To track the movement of the coronavirus, which is evolving at an almost daily pace, some countries, such as the United States and the United Kingdom, have resorted to wastewater surveillance and analysing samples to monitor the presence of the virus in an area even before any infection arises.
Since the outbreak of the COVID-19 pandemic, the World Health Organization (WHO) has recognized the need for tests that yield rapid and accurate results for individuals and countries. Two main tests have emerged: the "polymerase chain reaction", the molecular test that detects the genetic material of the virus, and the second antigen test that investigates the presence of certain proteins on the surface of the virus.
More than 3 years have passed since the discovery of the first cases in the Chinese city of Wuhan, during which several treatments, vaccines and diagnostic tools appeared, and countries are still seeking to recover from the economic and social effects of the lockdown.

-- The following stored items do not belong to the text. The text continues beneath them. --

-- ===== src/NodeSetSync/ScaleIn.antt =====
-- Fewer pods for a NodeSet that has too many
-- (upstream/slurm-operator/internal/controller/nodeset/nodeset_sync.go).
pub mod Condemned
pub mod Busy
pub mod Awaited
pub mod Removed
use slinky_on_openshift.Prelude.{
  ℕ, Bool, true, false, not, ◌&&◌, List, [], ◌∷◌, String, length, map, if◌then◌else◌,
}
use slinky_on_openshift.Prelude.Int.{ℤ, pos, pos_part}
use slinky_on_openshift.Exec.{Error, not_found, Result, ok, err, panic, M, pure, raise, ◌>>=◌, ◌>>◌}
use slinky_on_openshift.Kube.{Pod, NodeSet}
use slinky_on_openshift.Utils.Math.{clamp}
use slinky_on_openshift.Utils.Pods.{key_func, is_terminating, is_running_and_ready}
use slinky_on_openshift.NodeSetSync.Reconciler.{Reconciler, push_duration, for_pods, for_first_pods}
use slinky_on_openshift.NodeSetSync.Cordon.{
  make_pod_uncordon_and_undrain, make_pod_cordon_and_drain,
}
use slinky_on_openshift.NodeSetSync.ScaleOut.{burst_replicas}

-- `apierrors.IsNotFound`
abbrev pub is_not_found : Error → Bool
is_not_found not_found = true
is_not_found _ = false

-- `kubecontroller.PodKey`
abbrev pub pod_key : Pod → String
pod_key pod = key_func pod.namespace pod.name

unfoldable pub get_pod_keys : List Pod → List String
get_pod_keys pods = map pod_key pods

abbrev pub ignoring_not_found : Result (Unit {0}) → Result (Unit {0})
ignoring_not_found (ok _) = ok tt
ignoring_not_found (err e) = if is_not_found e then ok tt else err e
ignoring_not_found panic = panic

-- 30 seconds, in nanoseconds
abbrev pub drain_requeue : ℤ
drain_requeue = pos 30000000000

module _ {S : Type 0} (r : Reconciler S) where
  unfoldable pub process_condemned : NodeSet → Pod → M S (Unit {0})
  unfolding is_terminating is_running_and_ready make_pod_cordon_and_drain
  process_condemned nodeset pod s =
      if is_terminating pod
      then (ok tt, s)
      else let (drained, s1) = r.slurm_control.is_node_drained nodeset pod s in
        elim drained [
          | err e ↦ (err e, s1)
          | panic ↦ (panic, s1)
          | ok is_drained ↦
              if is_running_and_ready r.library pod && not is_drained
              then make_pod_cordon_and_drain r nodeset pod
                  (push_duration r (pod_key pod) drain_requeue s1)
              else let (res, s2) = r.pod_control.delete_nodeset_pod nodeset pod s1 in
                (ignoring_not_found res, s2)
        ]

  -- the second half of the batch's function: the expectation of a node that is not drained yet
  unfoldable pub forget_undrained : String → NodeSet → Pod → M S (Unit {0})
  forget_undrained key nodeset pod s =
      let (drained, s1) = r.slurm_control.is_node_drained nodeset pod s in
      elim drained [
        | err e ↦ (err e, r.expectations.deletion_observed key (pod_key pod) s1)
        | panic ↦ (panic, s1)
        | ok is_drained ↦ (
          ok tt,
          (if is_drained then s1 else r.expectations.deletion_observed key (pod_key pod) s1),
        )
      ]

  unfoldable pub scale_in_pod : String → NodeSet → Pod → M S (Unit {0})
  unfolding process_condemned forget_undrained
  scale_in_pod key nodeset pod s =
      let (res, s1) = process_condemned nodeset pod s in
      elim res [
        | ok _ ↦ forget_undrained key nodeset pod s1
        | panic ↦ (panic, s1)
        | err e ↦
            let s2 = r.expectations.deletion_observed key (pod_key pod) s1 in
            if is_not_found e then forget_undrained key nodeset pod s2 else (err e, s2)
      ]

  unfoldable pub fix_pod_pvcs : NodeSet → Pod → M S (Unit {0})
  fix_pod_pvcs nodeset pod = do
    match_policy ← r.pod_control.pod_pvcs_match_retention_policy nodeset pod
    (if match_policy
        then pure tt
        else r.pod_control.update_pod_pvcs_for_retention_policy nodeset pod)

  unfoldable pub do_pod_scale_in :
      NodeSet → (pods_to_delete pods_to_keep : List Pod) → M S (Unit {0})
  unfolding for_pods for_first_pods make_pod_uncordon_and_undrain get_pod_keys scale_in_pod
      fix_pod_pvcs
  do_pod_scale_in nodeset pods_to_delete pods_to_keep =
      let key = key_func nodeset.namespace nodeset.name in
      let num_delete =
        pos_part (clamp (pos (length pods_to_delete)) (pos 0) (pos burst_replicas)) in
      for_pods r pods_to_keep (make_pod_uncordon_and_undrain r nodeset)
      >> for_pods r pods_to_delete (fix_pod_pvcs nodeset)
      >> r.expectations.expect_deletions key (get_pod_keys pods_to_delete)
      >> for_first_pods r num_delete pods_to_delete (scale_in_pod key nodeset)
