-- ===== src/NodeSetSync/Update.antt =====
-- Which pods a rolling update replaces
-- (upstream/slurm-operator/internal/controller/nodeset/nodeset_sync.go).
pub mod Budget
pub mod Unlimited
use slinky_on_openshift.Prelude.{
  ℕ, zero, suc, ◌+◌, Bool, true, false, not, Option, none, some, List, [], ◌∷◌, ◌++◌, String,
  str_eq, if◌then◌else◌,
}
use slinky_on_openshift.Prelude.Int.{ℤ, pos, negsuc, ◌+ℤ◌, neg_part, pos_part, sub_ℕ}
use slinky_on_openshift.Exec.{Result, ok, err, panic, M, pure, ◌>>=◌, ◌>>◌}
use slinky_on_openshift.Kube.{Pod, NodeSet, Library, IntOrString, rolling_update, on_delete}
use slinky_on_openshift.Utils.Math.{clamp, get_scaled_value_from_int_or_percent}
use slinky_on_openshift.Utils.Pods.{is_terminating, get_revision}
use slinky_on_openshift.Sort.{split_active_pods, split_unhealthy_pods}
use slinky_on_openshift.NodeSetSync.Reconciler.{Reconciler}
use slinky_on_openshift.NodeSetSync.ScaleIn.{do_pod_scale_in}

-- the pods with the hash, and those with another, each without the terminating ones
unfoldable pub find_updated_pods : List Pod → String → List Pod × List Pod
unfolding is_terminating get_revision
find_updated_pods [] hash = ([], [])
find_updated_pods (pod ∷ pods) hash =
    let (new_pods, old_pods) = find_updated_pods pods hash in
    if is_terminating pod
    then (new_pods, old_pods)
    else if str_eq (get_revision pod.labels) hash
    then (pod ∷ new_pods, old_pods)
    else (new_pods, pod ∷ old_pods)

-- `ptr.Deref(nodeset.Spec.Replicas, 0)`
abbrev pub replicas_of : NodeSet → ℤ
replicas_of nodeset = elim nodeset.replicas [ none ↦ pos 0 | some n ↦ n ]

abbrev pub minus : ℤ → ℤ → ℤ
minus a b = sub_ℕ (pos_part a + neg_part b) (neg_part a + pos_part b)

module _ (k : Library) where
  unfoldable pub count_unavailable : ℤ → ℤ → List Pod → ℕ
  count_unavailable min_ready now [] = 0
  count_unavailable min_ready now (pod ∷ pods) =
      (if not (k.is_pod_available pod min_ready now) then 1 else 0)
      + count_unavailable min_ready now pods

  module _ (sort : (Pod → Pod → Bool) → List Pod → List Pod) where
    -- the case of a rolling update, with its limit
    unfoldable pub split_for_rolling :
        NodeSet → ℤ → Option IntOrString → List Pod → String → List Pod × List Pod
    unfolding find_updated_pods count_unavailable split_active_pods
    split_for_rolling nodeset now limit pods hash =
        let (new_pods, old_pods) = find_updated_pods pods hash in
        let num_unavailable = count_unavailable nodeset.min_ready_seconds now new_pods in
        let max_unavailable =
          get_scaled_value_from_int_or_percent k limit (replicas_of nodeset) true (pos 1) in
        let remaining_unavailable =
          clamp (minus max_unavailable (pos num_unavailable)) (pos 0) max_unavailable in
        let (pods_to_delete, remaining_old) =
          split_active_pods sort k old_pods remaining_unavailable in
        (pods_to_delete, new_pods ++ remaining_old)

    -- none where the strategy has no `RollingUpdate`, a nil pointer
    unfoldable pub split_update_pods :
        NodeSet → ℤ → List Pod → String → Option (List Pod × List Pod)
    unfolding split_for_rolling
    split_update_pods nodeset now pods hash = elim nodeset.update_strategy [
      | on_delete ↦ some ([], [])
      | rolling_update ↦ elim nodeset.rolling_update_max_unavailable [
        | none ↦ none
        | some limit ↦ some (split_for_rolling nodeset now limit pods hash)
      ]
      | _ ↦ some ([], [])
    ]

module _ {S : Type 0} (r : Reconciler S) where
  -- `if len(pods) > 0 { return r.doPodScaleIn(ctx, nodeset, pods, nil) }`
  abbrev pub scale_in_any : NodeSet → List Pod → M S (Unit {0})
  scale_in_any nodeset [] = pure tt
  scale_in_any nodeset (pod ∷ pods) = do_pod_scale_in r nodeset (pod ∷ pods) []

  unfoldable pub sync_rolling_update : NodeSet → List Pod → String → M S (Unit {0})
  unfolding find_updated_pods split_unhealthy_pods split_update_pods do_pod_scale_in
  sync_rolling_update nodeset pods hash =
      let (_, old_pods) = find_updated_pods pods hash in
      let (unhealthy_pods, healthy_pods) = split_unhealthy_pods r.sort r.library old_pods in
      scale_in_any nodeset unhealthy_pods >> (λ s.
        elim (split_update_pods r.library r.sort nodeset (r.kube.now s) healthy_pods hash) [
          | none ↦ (panic, s)
          | some (pods_to_delete, _) ↦ scale_in_any nodeset pods_to_delete s
        ])

  unfoldable pub sync_update : NodeSet → List Pod → String → M S (Unit {0})
  unfolding sync_rolling_update
  sync_update nodeset pods hash = elim nodeset.update_strategy [
    | on_delete ↦ pure tt
    | rolling_update ↦ sync_rolling_update nodeset pods hash
    | _ ↦ pure tt
  ]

The United States can no longer bear the consequences of another lockdown, after home tests have become more than those conducted in laboratories, and official statistics have reached an unprecedented level accompanied by a general atmosphere of anxiety and unreliability, while the virus is developing itself to show more powerful mutants; longer life, and faster spread. As the symptoms of these variants are fewer, the ability of the health authorities to track the virus will diminish, which prompted them to search for other means to monitor its movement and spread.
Many technologically advanced countries resorted to the study of pathogens from a chemical source. While medical teams on the ground take samples from patients' noses and mouths, other teams are working to collect samples from another underground source, from sewage.
It is a fact that the coronavirus is transmitted through respiratory secretions, but researchers estimate that half of these secretions find their way into the sewage system. There, the genetic material of COVID-19 or its variants can be identified in a non-infectious state.
A sewage sample is taken by laboratory staff to detect the genomic sequence of the genetic material, through which they can determine the points of spread of the virus or its decline, or the emergence of new variants, during the 15 days preceding the sampling. If a site does not detect the coronavirus after performing at least one test during that 15-day period, it will be logged as “non-detects”. If no samples were collected during the 15-day period, it will be labelled as “no recent data”.
Based on this and approximately 6 months after the first cases appeared, the US Centres for Disease Control and Prevention (CDC) launched the National Wastewater Surveillance System, with funds that ensure that it will continue to publish data on 400 different sites until 2025, while many government entities concerned with public health and the environment have established their own dashboards and databases with data collected by the system.
Gradually, this method is gaining increasing popularity in countries such as Switzerland and Italy, as well as the United Kingdom, which embraced the first experience at Bangor University, and launched The Environmental Monitoring for Health Protection (EMHP) Programme, where a team of experts applied this mechanism in some major cities such as Manchester and Liverpool. After tracking virus levels, they drew up a rough map of local cases, followed by a national wastewater monitoring programme, through which, for example, the health status of 40 million people in England alone is monitored.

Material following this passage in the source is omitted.